陆国平此时面色惨白如纸,双眼紧闭,毫无知觉地躺在地上。
他们动作娴熟而迅速,小心翼翼地将陆国平抬上担架。担架冰冷的触感让陆国平的身体显得更加脆弱。
陆尤佳在一旁,声音颤抖着问:“我爸爸他会没事的吧?”
医护人员一边忙碌地固定担架,一边安慰道:“别担心,我们会尽力的。”
随后,担架被推进了救护车。
陆尤佳也急忙跟着上了车,她的脸上满是焦急和担忧,双手紧紧地握在一起,仿佛这样能给她带来一丝力量。
“爸爸,你一定要坚持住。
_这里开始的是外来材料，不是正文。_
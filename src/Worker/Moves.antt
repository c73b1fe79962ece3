-- ===== src/Worker/Moves.antt =====
-- What one operation of the receipt store may do to the tables: an abstract view with no statements,
-- no transactions and no driver faults.
use flick_drop.Base.{ℕ, ◌+◌, ◌≤◌, ◌≡◌, String, Option, none, some, find, string_eq}
use flick_drop.Worker.Tables.{
  processing, failed, dead, running, Receipt, Attempt, Db, failure_count, last_failure,
  insert_receipt, recover_interrupted, finish_running, claim_receipt, settle_receipt,
  insert_attempt, upsert_dead_letter, find_attempt,
}
use flick_drop.Worker.Store.{new_receipt, processing_lease, result_of, state_of, completed_of}

-- A new attempt of the job: its receipt is processing at attempt `n`, with a running row.
unfoldable pub claimed : String → ℕ → ℕ → Db → Db
claimed job_id n now d = insert_attempt job_id n now (claim_receipt job_id n now d)

-- The job is dead, and its letter is there.
unfoldable pub buried : Receipt → String → String → ℕ → Db → Db
buried r payload e now d =
    upsert_dead_letter
      (record {
        job_id = r.job_id;
        kind = r.kind;
        payload_json = payload;
        error = e;
        created_at = now;
      })
      (settle_receipt r.job_id dead (some e) now (some now) d)

-- The attempt's row and the job's receipt have the handler's outcome.
unfoldable pub finished : Attempt → ℕ → Option String → ℕ → Db → Db
finished a id o now d =
    settle_receipt a.job_id (state_of o) o now (completed_of o now)
      (finish_running id (result_of o) now o d)

pub data Move (d d' : Db) : Type 0 where
  stays : d' ≡ d → Move d d'
  claims_new :
      (job_id kind : String) (created_at now : ℕ)
      → find job_id d.receipts ≡ none
      → d' ≡ claimed job_id (0 + 1) now (insert_receipt (new_receipt job_id kind created_at) d)
      → Move d d'
  claims_failed :
      (job_id : String) (r : Receipt) (now : ℕ)
      → find job_id d.receipts ≡ some r
      → r.state ≡ failed
      → d' ≡ claimed job_id (r.attempts + 1) now d
      → Move d d'
  reclaims :
      (job_id : String) (r : Receipt) (now : ℕ)
      → find job_id d.receipts ≡ some r
      → r.state ≡ processing
      → r.updated_at + processing_lease ≤ now
      → d' ≡ claimed job_id (r.attempts + 1) now (recover_interrupted job_id now d)
      → Move d d'
  buries_failed :
      (job_id : String) (r : Receipt) (payload e : String) (max now : ℕ)
      → find job_id d.receipts ≡ some r
      → r.state ≡ failed
      → max ≤ failure_count job_id d
      → last_failure job_id d ≡ some e
      → d' ≡ buried r payload e now d
      → Move d d'
  buries_interrupted :
      (job_id : String) (r : Receipt) (payload e : String) (max now : ℕ)
      → find job_id d.receipts ≡ some r
      → r.state ≡ processing
      → r.updated_at + processing_lease ≤ now
      → max ≤ failure_count job_id (recover_interrupted job_id now d)
      → last_failure job_id (recover_interrupted job_id now d) ≡ some e
      → d' ≡ buried r payload e now (recover_interrupted job_id now d)
      → Move d d'
  succeeds :
      (id : ℕ) (a : Attempt) (r : Receipt) (now : ℕ)
      → find_attempt id d.attempts ≡ some a
      → a.result ≡ running
      → find a.job_id d.receipts ≡ some r
      → r.state ≡ processing
      → r.attempts ≡ a.attempt
      → d' ≡ finished a id none now d
      → Move d d'
  fails :
      (id : ℕ) (a : Attempt) (r : Receipt) (text : String) (now : ℕ)
      → find_attempt id d.attempts ≡ some a
      → a.result ≡ running
      → find a.job_id d.receipts ≡ some r
      → r.state ≡ processing
      → r.attempts ≡ a.attempt
      → d' ≡ finished a id (some text) now d
      → Move d d'
  dies :
      (id : ℕ) (a : Attempt) (r : Receipt) (text payload : String) (max now : ℕ)
      → find_attempt id d.attempts ≡ some a
      → a.result ≡ running
      → find a.job_id d.receipts ≡ some r
      → r.state ≡ processing
      → r.attempts ≡ a.attempt
      → max ≤ failure_count a.job_id (finished a id (some text) now d)
      → d' ≡ buried (record r { state = failed }) payload text now (finished a id (some text) now d)
      → Move d d'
” 陆尤佳低声呢喃着,眼睛一刻也不敢离开陆国平。
救护车里,仪器发出规律的 “滴滴” 声,仿佛在提醒着人们时间的紧迫和生命的珍贵。
医护人员在紧张地进行着初步的检查和处理,陆尤佳则在一旁默默地祈祷着,希望陆国平能够度过这次难关。
在医院里,陆国平被推进了手术室。
陆尤佳站在手术室外面,焦急地来回踱步,她的心跳得极快,仿佛要跳出嗓子眼。
她的脑海中不断浮现出爸爸平时对她的关爱和呵护的画面。
小时候,爸爸会把她扛在肩头带她去公园玩耍;生病时,爸爸会守在她的床边悉心照顾;遇到困难时,爸爸总是会给她鼓励和支持。
而现在,爸爸却躺在手术室里生死未卜,她感觉自己的心仿佛被一只无形的大手紧紧揪住,疼得无法呼吸。
她双手合十,放在胸前,默默地祈祷着:“爸爸,你一定要没事,一定要挺过来。我不能没有你,我们这个家不能没有你。如果你出了什么事,我真的不知道该怎么办才好。”
她的眼神中充满了期盼和不安,每一分每一秒对她来说都是一种煎熬。
她时不时地看向手术室的门,希望它能快点打开,带来好消息。
时间一分一秒地过去,每一秒都仿佛被无限拉长,陆尤佳在手术室外面坐立不安。